Which of the lines below include the word "Core"? Pull each one out.

·····

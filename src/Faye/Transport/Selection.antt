-- ===== src/Faye/Transport/Selection.antt =====
-- Which transport `selectTransport` finds.
use matrix_groupme_bridge.Prelude.{
  ℕ, suc, ◌≡◌, refl, String, List, [], ◌∷◌, Option, none, some, true, arith, length, get_elem?,
  Bool-cases, inl, inr, ◌⧺◌, if◌then◌else◌,
}
use mathlib.Core.Option
use mathlib.Core.Path.{subst}
use matrix_groupme_bridge.Faye.Transport.{
  Net, Transport, http, websocket, connection_type, contains, is_usable, select_transport,
  mandatory_connection_types, WebsocketTransport,
}

module _ (net : Net) (client_url : String) (types : List String) where
  -- Asking a transport whether it is usable does not change its kind.
  connection_type-is_usable :
      (t : Transport net.Conn) (w : net.World)
      → connection_type (is_usable net client_url t w).1 ≡ connection_type t
  unfolding connection_type is_usable
  connection_type-is_usable (http url) w = refl
  connection_type-is_usable (websocket wt) w = ground arith

  -- Selection neither adds nor removes a transport.
  pub length-select_transport :
      (ts : List (Transport net.Conn)) (w : net.World)
      → length (select_transport net client_url types ts w).1 ≡ length ts
  unfolding select_transport
  length-select_transport [] w = refl
  length-select_transport (t ∷ ts) w = ground (
    arith,
    length-select_transport ts w,
    length-select_transport ts (is_usable net client_url t w).2,
  )

  -- The properties of the selected transport at the head and further down.
  abbrev pub Selected : List (Transport net.Conn) → Option ℕ → Type 0
  Selected ts none = Unit
  Selected ts (some i) =
      (t : Transport net.Conn) × (get_elem? ts i ≡ some t)
      × (contains types (connection_type t) ≡ true)

  Selected-later :
      (t : Transport net.Conn) (ts : List (Transport net.Conn)) (o : Option ℕ)
      → Selected ts o
      → Selected (t ∷ ts) (Option.map suc o)
  Selected-later t ts none h = tt
  Selected-later t ts (some i) h = h

  pub select_transport-Selected :
      (ts : List (Transport net.Conn)) (w : net.World)
      → Selected
          (select_transport net client_url types ts w).1
          (select_transport net client_url types ts w).0
  unfolding select_transport
  select_transport-Selected [] w = tt
  select_transport-Selected (t ∷ ts) w = elim (Bool-cases (contains types (connection_type t))) [
    | inr skip ↦ rw (skip, select_transport) (Selected-later t _ _ (select_transport-Selected ts w))
    | inl fits ↦
        rw (fits, select_transport)
          (elim (Bool-cases (is_usable net client_url t w).0) [
            | inl usable ↦
                rw (usable, select_transport)
                  ((is_usable net client_url t w).1, refl, rw connection_type-is_usable fits)
            | inr broken ↦
                rw (broken, select_transport)
                  (Selected-later _ _ _
                    (select_transport-Selected ts (is_usable net client_url t w).2))
          ])
  ]

  -- A transport that is selected stands at its index among the registered ones, and its kind is one
  -- of those asked for.
  pub select_transport_allowed :
      (ts : List (Transport net.Conn)) (w : net.World) (i : ℕ)
      → (select_transport net client_url types ts w).0 ≡ some i
      → (t : Transport net.Conn) × (get_elem? (select_transport net client_url types ts w).1 i
          ≡ some t)
        × (contains types (connection_type t) ≡ true)
  select_transport_allowed ts w i e =
      subst (Selected (select_transport net client_url types ts w).1) e
        (select_transport-Selected ts w)

-- Where the websocket and the HTTP transport are registered in this order, the first selection of a
-- handshake is of the HTTP transport, if the client's URL can be parsed, and of none otherwise; it
-- opens no connection and changes no transport.
pub select_transport_mandatory :
    (net : Net) (client_url : String) (wt : WebsocketTransport net.Conn) (url : String)
    (w : net.World)
    → select_transport net client_url mandatory_connection_types (websocket wt ∷ http url ∷ []) w
      ≡ (
        (if net.url_parses ("https://" ⧺ client_url) then some 1 else none),
        websocket wt ∷ http url ∷ [],
        w,
      )
unfolding select_transport
select_transport_mandatory net client_url wt url w = ground arith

·····

[Written response]:
use mathlib.Core.Option
use mathlib.Core.Path.{subst}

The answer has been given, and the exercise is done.